More specifically, the `<<-` operator will search through the parent environments for the variable that its assigning. If it finds the variable in one of these environments, then it will replace the existing definition with the one specified via the `<<-`. Let's do a quick example to show how that works:

```{r}
overwrite_me <- 10
parent_env <- new.env()
parent_env$overwrite_me <- 1

child_env <- new.env()
parent.env(child_env) <- parent_env

overwrite_function  <- function() {
  overwrite_me <<- overwrite_me + 1  
}
environment(overwrite_function) <- child_env

```


Here we've first created a variable in the global environment called `overwrite_me` with a value of 10. Then we've created a new environment that will be a child of the global environment called `parent_env`. We've assigned a variable called `overwrite_me` in that environment with a value of 1. We've then created a new child environment called `child_env` and we've set that environment to be a child environment of `parent_env`. Finally we've created a function called `overwrite_function` and set the enclosing environment (its path for finding values) to the `child_env`.

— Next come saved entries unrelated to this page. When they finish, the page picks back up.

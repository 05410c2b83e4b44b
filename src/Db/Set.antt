-- ===== src/Db/Set.antt =====
-- db/set.go: a set over the hash table.
use go_mock_redis.Base.{ℕ, ◌≡◌, refl, Bool, Option, Run, ok, ◌>>=◌}
use go_mock_redis.Db.Memory.{Value, other}
use go_mock_redis.Db.Hash.{Key}
use go_mock_redis.Db.Dict
use go_mock_redis.Db.Dict.{HashTable, new_hash_table, delete}
use go_mock_redis.Db.Dict.Chains.{is_some}
use go_mock_redis.Db.Dict.Steps.{Models}
use go_mock_redis.Db.Dict.Tables.{get-Models}

pub data Sentinel : Type 0 where
  sentinel : Sentinel

pub record Set (T : Type 0) : Type 0 where
  pub data_table : HashTable T Sentinel

abbrev sentinel_value : Sentinel → Value
sentinel_value s = other

unfoldable pub new_set : {T : Type 0} → ℕ → Set T
new_set init_size = record { data_table = new_hash_table init_size }

module _ {T : Type 0} ⦃key : Key T⦄ where
  unfoldable pub add : ℕ → Set T → T → Run (ℕ × Set T)
  unfolding Dict.set_key
  add used s k = do
    (used', h) ← Dict.set_key sentinel_value used s.data_table k sentinel
    ok (used', record { data_table = h })

  unfoldable pub contains : Set T → T → Run Bool
  unfolding Dict.get
  contains s k = do found ← Dict.get s.data_table k; ok (is_some found)

  unfoldable pub remove : ℕ → Set T → T → Run (ℕ × Set T)
  unfolding delete
  remove used s k = do
    (used', h, deleted) ← delete sentinel_value used s.data_table k
    ok (used', record { data_table = h })

  -- A set whose table stands for a map contains the keys of the map.
  contains-Models :
      {total : ℕ} {f : T → Option Sentinel} (s : Set T) (k : T)
      → Models total f s.data_table
      → contains s k ≡ ok (is_some (f k))
  unfolding contains
  contains-Models s k m = rw (get-Models s.data_table k m) refl
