-- ===== src/Hredis/Newline.antt =====
-- deps/hredis/read.go: `seekNewline`, which the bulk items use, against `bytes.Index` in `readLine`.
use go_mock_redis.Base.{
  ℕ, suc, ◌+◌, ◌≡◌, refl, ap, ◌∙◌, false, ◌&&◌, Option, none, some, inl, inr, [], ◌∷◌, arith, ltb,
  ◌==◌, Bool-cases, Bytes, length,
}
use go_mock_redis.Base.Lines.{Cut, keep, cut}
use go_mock_redis.Hredis.{seek_from, seek_newline}

-- `bytes.Index(s, "\r\n")` counted from `i` on, none for -1.
abbrev pub index_of : ℕ → Cut → Option ℕ
index_of i none = none
index_of i (some (line, rest)) = some (i + length line)

index_of-keep : (i c : ℕ) (o : Cut) → index_of (i + 1) o ≡ index_of i (keep c o)
index_of-keep i c none = refl
index_of-keep i c (some (line, rest)) = ap some (omega arith)

seek_from-cut : (i : ℕ) (s : Bytes) → seek_from i s ≡ index_of i (cut s)
unfolding seek_from cut
seek_from-cut i [] = refl
seek_from-cut i (a ∷ []) = refl
seek_from-cut i (a ∷ b ∷ s) = elim (Bool-cases ((a == 13) && (b == 10))) [
  | inl e ↦ rw e (ap some (omega arith))
  | inr e ↦ rw e (seek_from-cut (i + 1) (b ∷ s) ∙ index_of-keep i a (cut (b ∷ s)))
]

-- `seekNewline` finds the same place as the first CRLF of the text, which `readLine` finds with
-- the library, and none where there is none.
pub seek_newline-cut : (s : Bytes) → seek_newline s ≡ index_of 0 (cut s)
unfolding seek_newline
seek_newline-cut [] = seek_from-cut 0 []
seek_newline-cut (a ∷ []) = seek_from-cut 0 (a ∷ [])
seek_newline-cut (a ∷ b ∷ s) =
    let enough : ltb (suc (suc (length s))) 2 ≡ false = ground arith in
    rw enough (seek_from-cut 0 (a ∷ b ∷ s))
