-- ===== src/Hredis/Replies/Idle.antt =====
-- What a reader comes to, whatever is in its buffer: it waits at the first task for ever, it is in
-- an error, or it panics. No reply gets out.
use go_mock_redis.Base.{
  ℕ, zero, suc, ◌≡◌, ◌≢◌, ◌⊎◌, refl, Bool, true, false, Option, none, some, List, inl, inr, [], ◌∷◌,
  arith, Bytes, Bool-cases, Option-cases, Run, ok, fault, no_fuel, ◌>>=◌, ltb, length, ◌+◌,
  get_elem?, drop,
}
use go_mock_redis.Base.Signed.{ℤ, pos, negsuc}
use go_mock_redis.Base.Lines.{cut}
use go_mock_redis.Base.Strconv.{Parsed, number, bad_syntax, bad_range, parse_int}
use go_mock_redis.Hredis.{
  Status, redis_err, redis_ok, ErrFlag, ReplyType, unknown, attribute, push, bignumber, verbatim,
  Task, Makers, Reader, has_err, task_at, set_err, set_err_oom, read_line, slice, move_from,
  move_to_next_task, seek_newline,
}
use go_mock_redis.Hredis.Items.{
  Made, made, refused, call, deliver, finish_line, make_line, line_read, process_line_item,
}
use go_mock_redis.Hredis.Bulk.{
  bad_content, make_bulk, check_bulk, take_bulk, bulk_at, bulk_length, process_bulk_item,
}
use go_mock_redis.Hredis.Replies.{type_of, process_typed}

-- The types that `processItem` gives to a task, and that of a new one.
abbrev pub IsKnown : ReplyType → Type 0
IsKnown push = ⊥
IsKnown attribute = ⊥
IsKnown _ = Unit {0}

abbrev pub IsRoot : List Task → Type 0
IsRoot [] = ⊥
IsRoot (t ∷ []) = IsKnown t.tp
IsRoot _ = ⊥

task_at-runs : (tasks : List Task) (i : ℤ) → task_at tasks i ≢ fault no_fuel
unfolding task_at
task_at-runs tasks (pos n) = elim (Option-cases (get_elem? tasks n)) [
  | inl e ↦ rw (e, task_at) λ h. cc
  | inr (t, e) ↦ rw (e, task_at) λ h. cc
]
task_at-runs tasks (negsuc n) = λ h. cc

pub slice-runs : (s : Bytes) (a b : ℕ) → slice s a b ≢ fault no_fuel
unfolding slice
slice-runs s a b = ground arith

pub type_of-IsKnown : (c : ℕ) (tp : ReplyType) → type_of c ≡ some tp → IsKnown tp
unfolding type_of
type_of-IsKnown c push e = absurd (ground arith)
type_of-IsKnown c attribute e = absurd (ground arith)
type_of-IsKnown c _ e = tt

IsRoot-ne_nil : (tasks : List Task) → IsRoot tasks → tasks ≢ []
IsRoot-ne_nil [] h = absurd h
IsRoot-ne_nil (t ∷ more) h = λ e. cc

module _ {Obj : Type 0} where
  -- At the first task, and no reply at hand.
  pub record Waits (r : Reader Obj) : Type 0 where
    pub at_root : r.r_idx ≡ pos 0
    pub one_task : IsRoot r.task
    pub no_reply : r.reply ≡ none

  pub record Fails (r : Reader Obj) : Type 0 where
    pub has_error : has_err r.err ≡ true
    pub nothing : r.reply ≡ none

  abbrev pub IsIdle : Reader Obj → Type 0
  IsIdle r = Waits r ⊎ Fails r

  -- An item that succeeds takes the index below the stack; one that does not leaves the reader idle.
  abbrev pub IsItem : Run (Status × Reader Obj) → Type 0
  IsItem (fault panic) = panic ≢ no_fuel
  IsItem (ok (redis_ok, r)) = (r.r_idx ≡ negsuc 0) × (r.task ≢ [])
  IsItem (ok (redis_err, r)) = IsIdle r

  IsItem-bind :
      {A : Type 0} (call : Run A) (k : A → Run (Status × Reader Obj))
      → call ≢ fault no_fuel
      → ((a : A) → IsItem (k a))
      → IsItem (call >>= k)
  IsItem-bind (fault panic) k h step = λ e. h (rw e)
  IsItem-bind (ok a) k h step = step a

  set_err-Fails :
      (r : Reader Obj) (flag : ErrFlag) (text : Bytes)
      → has_err flag ≡ true
      → r.reply ≡ none
      → Fails (set_err r flag text)
  unfolding set_err
  set_err-Fails r flag text h e = record { has_error = h; nothing = e }

  module _ (r : Reader Obj) (w : Waits r) where
    pub moved : (p : ℕ) → Waits (record r { pos = p })
    moved p = record { at_root = w.at_root; one_task = w.one_task; no_reply = w.no_reply }

    pub refused-IsItem :
        (flag : ErrFlag) (text : Bytes)
        → has_err flag ≡ true
        → IsItem (ok (redis_err, set_err r flag text))
    refused-IsItem flag text h = inr (set_err-Fails r flag text h w.no_reply)

    deliver-IsItem : (o : Option Obj) → IsItem (deliver r o)
    unfolding deliver set_err_oom move_to_next_task move_from
    deliver-IsItem none = inr (set_err-Fails r _ _ refl w.no_reply)
    deliver-IsItem (some obj) = rw w.at_root (refl, IsRoot-ne_nil r.task w.one_task)

    finish_line-IsItem : (m : Made Obj) → IsItem (finish_line r m)
    unfolding finish_line
    finish_line-IsItem (refused text) = refused-IsItem _ text refl
    finish_line-IsItem (made o) = deliver-IsItem o

  bad_content-runs :
      (tp : ReplyType) (r : Reader Obj) (idx n : ℕ) → bad_content tp r idx n ≢ fault no_fuel
  unfolding bad_content
  bad_content-runs verbatim r idx n = λ h. cc
  bad_content-runs _ r idx n = elim (Option-cases (get_elem? r.buf (idx + 5))) [
    | inl e ↦ rw (e, bad_content) λ h. cc
    | inr (c, e) ↦ rw (e, bad_content) λ h. cc
  ]

  module _ (f : Makers Obj) where
    module _ (r : Reader Obj) (w : Waits r) where
      read_line-IsItem : (t : Task) → IsItem (read_line r >>= line_read f t)
      unfolding read_line line_read
      read_line-IsItem t = elim (Bool-cases (ltb (length r.buf) r.pos)) [
        | inl e ↦ rw (e, read_line) λ h. cc
        | inr e ↦ elim (Option-cases (cut (drop r.pos r.buf))) [
          | inl n ↦ rw (e, read_line, n) (inl w)
          | inr ((line, rest), s) ↦
              rw (e, read_line, s)
                (finish_line-IsItem _ (moved r w (r.pos + (length line + 2)))
                  (make_line f t.tp t line))
        ]
      ]

      process_read_line-IsItem : IsItem (process_line_item f r)
      unfolding process_line_item
      process_read_line-IsItem =
          IsItem-bind (task_at r.task r.r_idx) _ (task_at-runs r.task r.r_idx) read_line-IsItem

      make_bulk-IsItem :
          (o : Option (Task → Bytes → ℕ → Option Obj)) (t : Task) (idx n : ℕ)
          → IsItem (make_bulk o t r idx n)
      unfolding make_bulk
      make_bulk-IsItem none t idx n = deliver-IsItem r w none
      make_bulk-IsItem (some make) t idx n =
          IsItem-bind (slice r.buf (r.pos + idx + 2) (r.pos + idx + 2 + n)) _
            (slice-runs r.buf (r.pos + idx + 2) (r.pos + idx + 2 + n))
            λ p. deliver-IsItem _ (moved r w (r.pos + (idx + 2))) (make t p n)

      check_bulk-IsItem : (bad : Bool) (t : Task) (idx n : ℕ) → IsItem (check_bulk f bad t r idx n)
      unfolding check_bulk
      check_bulk-IsItem true t idx n = refused-IsItem r w _ _ refl
      check_bulk-IsItem false t idx n = make_bulk-IsItem f.create_string t idx n

      take_bulk-IsItem : (t : Task) (idx n : ℕ) → IsItem (take_bulk f t r idx n)
      unfolding take_bulk
      take_bulk-IsItem t idx n = elim (Bool-cases (ltb r.len (r.pos + (idx + 2)))) [
        | inl e ↦ rw (e, take_bulk) (inl w)
        | inr e ↦
            rw (e, take_bulk)
              (IsItem-bind (bad_content t.tp r idx n) _ (bad_content-runs t.tp r idx n)
                λ bad. check_bulk-IsItem bad t idx n)
      ]

      bulk_length-IsItem : (t : Task) (idx : ℕ) (z : Parsed ℤ) → IsItem (bulk_length f t r idx z)
      unfolding bulk_length
      bulk_length-IsItem t idx bad_syntax = refused-IsItem r w _ _ refl
      bulk_length-IsItem t idx (bad_range z) = refused-IsItem r w _ _ refl
      bulk_length-IsItem t idx (number (pos n)) = take_bulk-IsItem t idx n
      bulk_length-IsItem t idx (number (negsuc zero)) =
          deliver-IsItem _ (moved r w (idx + 2)) (call f.create_nil λ make. make t)
      bulk_length-IsItem t idx (number (negsuc (suc n))) = refused-IsItem r w _ _ refl

      bulk_at-IsItem : (t : Task) (o : Option ℕ) → IsItem (bulk_at f t r o)
      unfolding bulk_at
      bulk_at-IsItem t none = inl w
      bulk_at-IsItem t (some zero) = inl w
      bulk_at-IsItem t (some (suc i)) =
          IsItem-bind (slice r.buf r.pos (r.pos + suc i)) _ (slice-runs r.buf r.pos (r.pos + suc i))
            λ line. bulk_length-IsItem t (suc i) (parse_int line)

      process_bulk_item-IsItem : IsItem (process_bulk_item f r)
      unfolding process_bulk_item
      process_bulk_item-IsItem =
          IsItem-bind (task_at r.task r.r_idx) _ (task_at-runs r.task r.r_idx) λ t.
            IsItem-bind (slice r.buf r.pos (length r.buf)) _ (slice-runs r.buf r.pos (length r.buf))
              λ rest. bulk_at-IsItem t (seek_newline rest)

      pub process_typed-IsItem : (tp : ReplyType) → IsKnown tp → IsItem (process_typed f tp r)
      unfolding process_typed
      process_typed-IsItem bignumber k = process_read_line-IsItem
      process_typed-IsItem verbatim k = process_bulk_item-IsItem
      process_typed-IsItem push k = elim k [ ]
      process_typed-IsItem attribute k = elim k [ ]
      process_typed-IsItem unknown k = λ h. cc
      process_typed-IsItem _ k = inl w
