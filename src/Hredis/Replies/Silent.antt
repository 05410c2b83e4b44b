-- ===== src/Hredis/Replies/Silent.antt =====
-- `GetReply` from a new reader on: it ends, and it never has a reply for its caller.
use go_mock_redis.Base.{
  ◌≡◌, ◌≢◌, ◌⊎◌, refl, true, false, none, some, List, inl, inr, [], ◌∷◌, Bytes, Bool-cases,
  Option-cases, Run, ok, fault, out_of_range, no_fuel, ◌>>=◌, leb, ltb, length, ◌+◌, ◌==◌, sym, ap,
  ◌∙◌,
}
use mathlib.Core.Path.{subst}
use go_mock_redis.Base.Signed.{ℤ, pos, negsuc}
use go_mock_redis.Hredis.{
  Status, redis_err, redis_ok, ReplyType, unknown, Task, Makers, Reader, has_err, unknown_task,
  task_at, put_task, set_err_protocol_byte, read_bytes, slice,
}
use go_mock_redis.Hredis.Replies.{
  type_of, set_type, process_task, process_item, process_items, loop_round, after_item, get_reply,
  clear_reply, emit, with_task,
}
use go_mock_redis.Hredis.Replies.Idle.{
  IsKnown, IsRoot, Waits, IsIdle, IsItem, process_typed-IsItem, refused-IsItem, slice-runs,
  type_of-IsKnown,
}

put-IsRoot :
    (tasks : List Task) (tp : ReplyType) (t : Task)
    → IsRoot tasks
    → IsKnown tp
    → IsRoot (put_task tasks (pos 0) (record t { tp = tp }))
unfolding put_task
put-IsRoot [] tp t h k = h
put-IsRoot (a ∷ []) tp t h k = k
put-IsRoot (a ∷ b ∷ more) tp t h k = elim h [ ]

module _ {Obj : Type 0} (f : Makers Obj) where
  IsItem-map :
      {A B : Type 0} (c : Run A) (g : A → B) (k : B → Run (Status × Reader Obj))
      → c ≢ fault no_fuel
      → ((a : A) → IsItem (k (g a)))
      → IsItem ((c >>= λ a. ok (g a)) >>= k)
  IsItem-map (fault panic) g k h step = λ e. h (ap fault e)
  IsItem-map (ok a) g k h step = step a

  retyped :
      (r : Reader Obj) (t : Task) (tp : ReplyType)
      → Waits r
      → IsKnown tp
      → Waits (record r { task = put_task r.task r.r_idx (record t { tp = tp }) })
  retyped r t tp w k = record {
    at_root = w.at_root;
    one_task = rw w.at_root (put-IsRoot r.task tp t w.one_task k);
    no_reply = w.no_reply;
  }

  set_type-IsItem :
      (t : Task) (r : Reader Obj) (p : Bytes) → Waits r → IsItem (set_type f t (some p, r))
  unfolding set_type set_err_protocol_byte
  set_type-IsItem t r [] w = λ h. cc
  set_type-IsItem t r (c ∷ p) w = elim (Option-cases (type_of c)) [
    | inl e ↦ rw (set_type, e) (refused-IsItem r w _ _ refl)
    | inr (tp, e) ↦
        rw (set_type, e)
          (process_typed-IsItem f _ (retyped r t tp w (type_of-IsKnown c tp e)) tp
            (type_of-IsKnown c tp e))
  ]

  read_bytes-IsItem :
      (r : Reader Obj) (t : Task) → Waits r → IsItem (read_bytes 1 r >>= set_type f t)
  unfolding read_bytes set_type
  read_bytes-IsItem r t w = elim (Bool-cases (ltb r.len 1)) [
    | inl e ↦ rw (e, read_bytes) (inl w)
    | inr e ↦
        rw (e, read_bytes)
          (IsItem-map (slice r.buf r.pos (r.pos + 1)) _ (set_type f t)
            (slice-runs r.buf r.pos (r.pos + 1))
            λ p.
              set_type-IsItem t _ p
                (record { at_root = w.at_root; one_task = w.one_task; no_reply = w.no_reply }))
  ]

  process_task-IsItem :
      (tp : ReplyType) (t : Task) (r : Reader Obj)
      → Waits r
      → IsKnown tp
      → IsItem (process_task f tp t r)
  unfolding process_task
  process_task-IsItem unknown t r w k = read_bytes-IsItem r t w
  process_task-IsItem other t r w k = process_typed-IsItem f r w other k

  IsItem-at :
      (tasks : List Task) (r : Reader Obj)
      → IsRoot tasks
      → Waits r
      → IsItem (task_at tasks (pos 0) >>= λ t. process_task f t.tp t r)
  unfolding task_at
  IsItem-at [] r h w = λ e. cc
  IsItem-at (t ∷ []) r h w = process_task-IsItem t.tp t r w h
  IsItem-at (a ∷ b ∷ more) r h w = elim h [ ]

  process_item-IsItem : (r : Reader Obj) → Waits r → IsItem (process_item f r)
  unfolding process_item
  process_item-IsItem r w =
      subst (λ i. IsItem (task_at r.task i >>= λ t. process_task f t.tp t r)) (sym w.at_root)
        (IsItem-at r.task r w.one_task w)

  -- Below the stack the next item is asked of a task that is not there.
  process_item-below : (r : Reader Obj) → r.r_idx ≡ negsuc 0 → process_item f r ≡ fault out_of_range
  unfolding process_item task_at
  process_item-below r e = rw (process_item, e) refl

  -- What the loop comes to.
  abbrev IsSettled : Run (Reader Obj) → Type 0
  IsSettled (fault panic) = panic ≢ no_fuel
  IsSettled (ok r) = IsIdle r

  round_below :
      (rest : Reader Obj → Run (Reader Obj)) (tasks : List Task) (r : Reader Obj)
      → r.r_idx ≡ negsuc 0
      → tasks ≢ []
      → loop_round f rest tasks r ≡ fault out_of_range
  unfolding loop_round
  round_below rest [] r e n = absurd (n refl)
  round_below rest (t ∷ more) r e n = rw (process_item-below r e) refl

  second_round :
      (result : Run (Status × Reader Obj))
      → IsItem result
      → IsSettled (result >>= after_item (process_items f 1))
  unfolding after_item process_items
  second_round (fault panic) h = h
  second_round (ok (redis_ok, r)) h = rw (round_below (process_items f 0) r.task r h.0 h.1) λ e. cc
  second_round (ok (redis_err, r)) h = h

  first_round :
      (tasks : List Task) (r : Reader Obj)
      → IsRoot tasks
      → Waits r
      → IsSettled (loop_round f (process_items f 1) tasks r)
  unfolding loop_round
  first_round [] r h w = elim h [ ]
  first_round (t ∷ more) r h w = second_round (process_item f r) (process_item-IsItem r w)

  process_items-IsSettled : (r : Reader Obj) → Waits r → IsSettled (process_items f 2 r)
  unfolding process_items
  process_items-IsSettled r w = first_round r.task r w.one_task w

-- The end of a call: an error, or a reader that still waits.
abbrev pub IsSilent : {Obj : Type 0} → Run (Status × Reader Obj) → Type 0
IsSilent (fault panic) = panic ≢ no_fuel
IsSilent (ok (redis_ok, r)) = Waits r
IsSilent (ok (redis_err, r)) = IsIdle r

cleared : {Obj : Type 0} (i : ℤ) (r : Reader Obj) → i ≡ pos 0 → Waits r → Waits (clear_reply i r)
unfolding clear_reply
cleared i r e w = subst (λ j. Waits (clear_reply j r)) (sym e) w

rewound :
    {Obj : Type 0} (r : Reader Obj) → Waits r → Waits (record r { pos = 0; len = length r.buf })
rewound r w = record { at_root = w.at_root; one_task = w.one_task; no_reply = w.no_reply }

true-ne-false : true ≢ false
true-ne-false e = cc

emit-IsSilent : {Obj : Type 0} (r : Reader Obj) → IsIdle r → IsSilent (ok (emit r))
unfolding emit
emit-IsSilent r (inr x) = rw (emit, x.has_error) (inr x)
emit-IsSilent r (inl w) = elim (Bool-cases (has_err r.err)) [
  | inl e ↦ rw (emit, e) (inl w)
  | inr e ↦ elim (Bool-cases (ltb 1024 r.pos)) [
    | inr small ↦ rw (emit, e, small) (cleared r.r_idx r w.at_root w)
    | inl large ↦ elim (Bool-cases (leb r.len r.pos)) [
      | inl past ↦ rw (emit, e, large, past) (inl w)
      | inr left ↦ rw (emit, e, large, left) (cleared r.r_idx _ w.at_root (rewound r w))
    ]
  ]
]

-- A reader on which `GetReply` was not called yet.
pub record IsNew {Obj : Type 0} (r : Reader Obj) : Type 0 where
  pub at_start : r.r_idx ≡ pos 0
  pub no_task : r.task ≡ []
  pub no_reply : r.reply ≡ none

-- The result of a call, whose reader may still be new where the buffer was empty.
abbrev pub IsQuiet : {Obj : Type 0} → Run (Status × Reader Obj) → Type 0
IsQuiet (fault panic) = panic ≢ no_fuel
IsQuiet (ok (result, r)) = IsNew r ⊎ IsIdle r

IsSilent-IsQuiet :
    {Obj : Type 0} (result : Run (Status × Reader Obj)) → IsSilent result → IsQuiet result
IsSilent-IsQuiet (fault panic) h = h
IsSilent-IsQuiet (ok (redis_ok, r)) h = inr (inl h)
IsSilent-IsQuiet (ok (redis_err, r)) h = inr h

module _ {Obj : Type 0} (f : Makers Obj) where
  started : (r : Reader Obj) → IsNew r ⊎ Waits r → Waits (with_task r)
  unfolding with_task
  started r (inl n) =
      rw (with_task, n.no_task)
        (record { at_root = n.at_start; one_task = tt; no_reply = n.no_reply })
  started r (inr w) = go r.task r w w.one_task
    where
      go :
          (tasks : List Task) (r : Reader Obj)
          → Waits r
          → IsRoot tasks
          → Waits (elim tasks [ [] ↦ record r { task = unknown_task ∷ [] } | _ ↦ r ])
      go [] r w h = elim h [ ]
      go (t ∷ more) r w h = w

  run-IsSilent :
      (result : Run (Reader Obj)) → IsSettled f result → IsSilent (result >>= λ r. ok (emit r))
  run-IsSilent (fault panic) h = h
  run-IsSilent (ok r) h = emit-IsSilent r h

  -- `GetReply` on a new reader, or on one that such calls have led to, ends after two rounds at
  -- most: it panics, or the reader is in an error or still at its first task, and in no case has
  -- it a reply.
  pub get_reply-IsQuiet : (r : Reader Obj) → IsNew r ⊎ IsIdle r → IsQuiet (get_reply f r)
  unfolding get_reply
  get_reply-IsQuiet r h = elim (Bool-cases (has_err r.err)) [
    | inl e ↦ rw (get_reply, e) h
    | inr e ↦ elim (Bool-cases (r.len == 0)) [
      | inl z ↦ rw (get_reply, e, z) h
      | inr z ↦
          rw (get_reply, e, z)
            (IsSilent-IsQuiet (process_items f 2 (with_task r) >>= λ r'. ok (emit r')) (
              run-IsSilent (process_items f 2 (with_task r))
                (process_items-IsSettled f (with_task r) (started r (usable h e)))))
    ]
  ]
    where
      usable : IsNew r ⊎ IsIdle r → has_err r.err ≡ false → IsNew r ⊎ Waits r
      usable (inl n) e = inl n
      usable (inr (inl w)) e = inr w
      usable (inr (inr x)) e = absurd (true-ne-false (sym x.has_error ∙ e))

Now, when I call my `overwrite_function` from the `child_env`, it will look in its parent environments for a variable called `overwrite_me`. Because that variable exists in the immediate parent environment `parent_env`, it will reassign that variable in that environment to the new value. Because it found the variable in its first parent environment, it won't keep looking and so the variable of the same name that we assigned in the global environment will be untouched.

```{r}
do.call(overwrite_function, args = list(), envir = child_env)
overwrite_me # This will still be 10
parent_env$overwrite_me # This will have changed
```
If `overwrite_me` didn't exist in either environment, then it would have been assigned to the global environment - although in this case, the function would have failed because there wouldn't have been a `overwrite_me` value to add to in the first place.

The takeaway - use the `<<-` with care and only assign something to the global environment if you really need to. Otherwise, you may start overwriting variables in other environments without ever realising it.

## Questions {#questions-environments}

1. In what situations can we have two environments with the same name? Why is this?
2. Search 'namespacing'. How does that concept relate to environments?
    + Hint: This is heavily related to question 1
3. What might be an issue with create a function that uses superassignment on an object with the name `x`?